▼

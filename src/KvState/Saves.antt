-- ===== src/KvState/Saves.antt =====
-- The statement of a save.
use shortfire.Prelude.{ℕ, String, true, ◌≡◌, refl, ap, raised, database_error}
use shortfire.Prelude.Times.{Time}
use shortfire.KvState.{State, RunTable, Json, insert_sql, saved, state_run, save_kv_state}
use shortfire.KvState.Binds.{class_of, scan, has_unbound}

insert_sql_unbound : has_unbound insert_sql ≡ true
unfolding class_of scan
insert_sql_unbound = refl

-- A save raises, and leaves the rows as they are: the marker `:st` is followed by the cast `::jsonb`,
-- and is not bound.
pub save_raises :
    (json : Json) (runs : RunTable) (id : ℕ) (now : Time) (job_id : String) (state : State)
    (s : runs.Conn)
    → save_kv_state json runs id now job_id state s ≡ (raised database_error, s)
unfolding save_kv_state
save_raises json runs id now job_id state s =
    ap (saved json runs s) (
      runs.insert-unbound insert_sql (state_run json runs id now job_id state) s insert_sql_unbound)
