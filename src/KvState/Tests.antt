-- ===== src/KvState/Tests.antt =====
-- Texts of statements, and the parts of a job's name.
use shortfire.Prelude.{String, true, false, ◌≡◌, refl, some}
use shortfire.KvState.{source_of, after_dot}
use shortfire.KvState.Binds.{class_of, scan, has_unbound}

abbrev job : String
job = "coinglass.oi"

dataset : after_dot job ≡ some "oi"
unfolding after_dot
dataset = refl

source : source_of job ≡ "coinglass_aggregate"
unfolding source_of
source = refl

cast_unbound : has_unbound "VALUES (:id, :st::jsonb)" ≡ true
unfolding class_of scan
cast_unbound = refl

-- A cast of a column, and one of a marker in the words of the standard.
casts_bound : has_unbound "SELECT kv_state::text, CAST(:st AS jsonb) WHERE job_id = :j" ≡ false
unfolding class_of scan
casts_bound = refl
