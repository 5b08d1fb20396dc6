-- ===== src/Mexc.antt =====
-- The MEXC ingest of ingest/mexc/.
pub mod LiveCandles
pub mod LiveLoop
pub mod Backfill
pub mod OpenInterest
pub mod Schemas
pub mod Client
pub mod Streams
pub mod Feeds
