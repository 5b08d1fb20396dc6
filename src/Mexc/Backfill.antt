-- ===== src/Mexc/Backfill.antt =====
-- ingest/mexc/backfill.py: the paginated REST backfill of one symbol.
-- The client is a parameter: `fetch k since until` is the answer to the k-th call.
pub mod Pages
pub mod Coverage
pub mod Fundings
pub mod Sweep
pub mod Turns
pub mod Growth
pub mod Interleaved
mod Tests
mod SweepTests
use shortfire.Prelude.{
  ℕ, zero, suc, ◌+◌, ◌-◌, String, Option, none, some, List, [], ◌∷◌, map, Result, ok, raised, ltb,
  if◌then◌else◌,
}
use shortfire.Prelude.Times.{Time, from_ms, to_ms}
use shortfire.Domain.Market.{Candle, Timeframe, m1, m5, m15, h1, h4, d1}
use shortfire.Rows.{CandleRow, candle_key}
use shortfire.Storage.{Database, copy_into_hypertable}

-- TIMEFRAME_MS
abbrev pub timeframe_ms : Timeframe → ℕ
timeframe_ms m1 = 60_000
timeframe_ms m5 = 300_000
timeframe_ms m15 = 900_000
timeframe_ms h1 = 3_600_000
timeframe_ms h4 = 14_400_000
timeframe_ms d1 = 86_400_000

-- TIMEFRAME_TO_TABLE
abbrev pub timeframe_to_table : Timeframe → Option String
timeframe_to_table m1 = some "raw_mexc_candles_1m"
timeframe_to_table d1 = some "raw_mexc_candles_1d"
timeframe_to_table _ = none

-- The tuple that is built for each candle.
abbrev pub candle_row : Candle → CandleRow
candle_row c = record {
  symbol = c.symbol;
  ts = c.ts.micros;
  open_price = c.open_price;
  high = c.high;
  low = c.low;
  close = c.close;
  volume = c.volume;
  source = "mexc_native";
  quality_flag = "ok";
}

-- candles[-1] of a page that is not empty.
abbrev pub last_candle : Candle → List Candle → Candle
last_candle c [] = c
last_candle c (d ∷ ds) = last_candle d ds

-- The cursor after a page.
abbrev pub next_cursor : ℕ → Candle → List Candle → ℕ
next_cursor step c cs = to_ms (last_candle c cs).ts.micros + step

abbrev pub Fetch : Type 0
Fetch = ℕ → Time → Time → Result (List Candle)

module _ (db : Database candle_key) (fetch : Fetch) (table : String) (step end_ms : ℕ) where
  -- What follows the write of a page: its exception, or the next round.
  abbrev pub after_write :
      (ℕ → db.Conn → Option (Result ℕ × db.Conn))
      → ℕ
      → Result ℕ × db.Conn
      → Option (Result ℕ × db.Conn)
  after_write next_round total (raised e, s) = some (raised e, s)
  after_write next_round total (ok n, s) = next_round (total + n) s

  -- What follows a fetch: its exception, the `break` on an empty page, or the write of the page.
  abbrev pub after_fetch :
      (ℕ → ℕ → db.Conn → Option (Result ℕ × db.Conn))
      → ℕ
      → db.Conn
      → Result (List Candle)
      → Option (Result ℕ × db.Conn)
  after_fetch next_round total s (raised e) = some (raised e, s)
  after_fetch next_round total s (ok []) = some (ok total, s)
  after_fetch next_round total s (ok (c ∷ cs)) =
      after_write (next_round (next_cursor step c cs)) total
        (copy_into_hypertable db table (map candle_row (c ∷ cs)) s)

  -- The `while cursor < end_ms` loop, on fuel; `none` means that the fuel ran out.
  unfoldable pub page_loop : (fuel call cursor total : ℕ) → db.Conn → Option (Result ℕ × db.Conn)
  page_loop zero call cursor total s = none
  page_loop (suc fuel) call cursor total s =
      let round =
        after_fetch (page_loop fuel (suc call)) total s
          (fetch call (from_ms cursor) (from_ms end_ms)) in
      if ltb cursor end_ms then round else some (ok total, s)

-- Each page moves the cursor by at least one millisecond, so this many rounds are enough.
abbrev pub rounds : (start_ms end_ms : ℕ) → ℕ
rounds start_ms end_ms = suc (end_ms - start_ms)

module _ (db : Database candle_key) (fetch : Fetch) where
  unfoldable pub in_table :
      Option String
      → (timeframe : Timeframe) → (since until : Time) → db.Conn
      → Option (Result ℕ × db.Conn)
  in_table none timeframe since until s = some (ok 0, s)
  in_table (some table) timeframe since until s =
      page_loop db fetch table (timeframe_ms timeframe) (to_ms until)
        (rounds (to_ms since) (to_ms until)) 0 (to_ms since) 0 s

  -- The semaphore, which bounds how many of these run at a time, is not modelled.
  unfoldable pub backfill_ohlcv :
      (timeframe : Timeframe) → (since until : Time) → db.Conn → Option (Result ℕ × db.Conn)
  unfolding in_table
  backfill_ohlcv timeframe since until s =
      in_table (timeframe_to_table timeframe) timeframe since until s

▲

*THE PROBLEM*
For the entries above, transcribe precisely the lines from the one with "-- Each page" through the end, including both.

*RESULT OF THE EXERCISE*
-- Each page moves the cursor by at least one millisecond, so this many rounds are enough.
abbrev pub rounds : (start_ms end_ms : ℕ) → ℕ
rounds start_ms end_ms = suc (end_ms - start_ms)

module _ (db : Database candle_key) (fetch : Fetch) where
  unfoldable pub in_table :
      Option String
      → (timeframe : Timeframe) → (since until : Time) → db.Conn
      → Option (Result ℕ × db.Conn)
  in_table none timeframe since until s = some (ok 0, s)
  in_table (some table) timeframe since until s =
      page_loop db fetch table (timeframe_ms timeframe) (to_ms until)
        (rounds (to_ms since) (to_ms until)) 0 (to_ms since) 0 s

  -- The semaphore, which bounds how many of these run at a time, is not modelled.
  unfoldable pub backfill_ohlcv :
      (timeframe : Timeframe) → (since until : Time) → db.Conn → Option (Result ℕ × db.Conn)
  unfolding in_table
  backfill_ohlcv timeframe since until s =
      in_table (timeframe_to_table timeframe) timeframe since until s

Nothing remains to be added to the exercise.